[[ Records to use open ]]

-- ===== src/Pod/Tools.antt =====
-- pkg/pod/tools.go: filters on lists of pods.
use kubervisor.Prelude.{
  Bool, true, false, not, ◌&&◌, Option, none, some, List, [], ◌∷◌, Error, str_eq, if◌then◌else◌,
}
use kubervisor.Kube.{Pod, PodCondition}
use kubervisor.Labeling.{is_pod_traffic_label_ok_or_pause}

-- The slice kept so far, and the error that stopped the loop.
abbrev pub Kept : Type 0
Kept = List Pod × Option Error

-- One round of the loop, over what the rest of the loop keeps: an error stops it.
abbrev keep : Pod → Bool × Option Error → Kept → Kept
keep x (excluded, some e) rest = ([], some e)
keep x (true, none) rest = rest
keep x (false, none) rest = (x ∷ rest.0, rest.1)

unfoldable pub filter_out : List Pod → (Pod → Bool × Option Error) → Kept
filter_out [] exclude = ([], none)
filter_out (x ∷ slice) exclude = let rest = filter_out slice exclude in keep x (exclude x) rest

-- The status of the first condition of the kind Ready.
abbrev ready_condition : List PodCondition → Bool
ready_condition [] = false
ready_condition (c ∷ cs) =
    if str_eq c.kind "Ready" then str_eq c.status "True" else ready_condition cs

unfoldable pub is_ready : Pod → Bool
is_ready p = if str_eq p.phase "Running" then ready_condition p.conditions else false

unfoldable pub purge_not_ready_pods : List Pod → Kept
unfolding filter_out
purge_not_ready_pods pods = filter_out pods (λ a. (not (is_ready a), none))

unfoldable pub keep_running_pods : List Pod → Kept
unfolding filter_out
keep_running_pods pods = filter_out pods (λ a. (not (str_eq a.phase "Running"), none))

-- The answer of the closure that keeps the pods with traffic: `!yes` excludes.
abbrev pub without_traffic : Bool × Bool × Option Error → Bool × Option Error
without_traffic (yes_traffic, pause, e) = (not yes_traffic, e)

unfoldable pub keep_with_traffic_yes_pods : List Pod → Kept
unfolding filter_out
keep_with_traffic_yes_pods pods =
    filter_out pods (λ p. without_traffic (is_pod_traffic_label_ok_or_pause p))

-- The test of the inner loop: whether some pod of `in_slice` has this name and namespace.
unfoldable pub found : Pod → List Pod → Bool
found from [] = false
found from (x ∷ in_slice) =
    if str_eq from.name x.name && str_eq from.namespace x.namespace
    then true
    else found from in_slice

unfoldable pub exclude_from_slice : List Pod → List Pod → List Pod
unfolding found
exclude_from_slice [] in_slice = []
exclude_from_slice (from ∷ from_slice) in_slice =
    let rest = exclude_from_slice from_slice in_slice in
    if found from in_slice then rest else from ∷ rest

[[ Records to use closed ]]

Directions – Search the entries for the word "none", then copy every line in which it is found.

Answer to the problem –
  Bool, true, false, not, ◌&&◌, Option, none, some, List, [], ◌∷◌, Error, str_eq, if◌then◌else◌,
keep x (true, none) rest = rest
keep x (false, none) rest = (x ∷ rest.0, rest.1)
filter_out [] exclude = ([], none)
purge_not_ready_pods pods = filter_out pods (λ a. (not (is_ready a), none))
keep_running_pods pods = filter_out pods (λ a. (not (str_eq a.phase "Running"), none))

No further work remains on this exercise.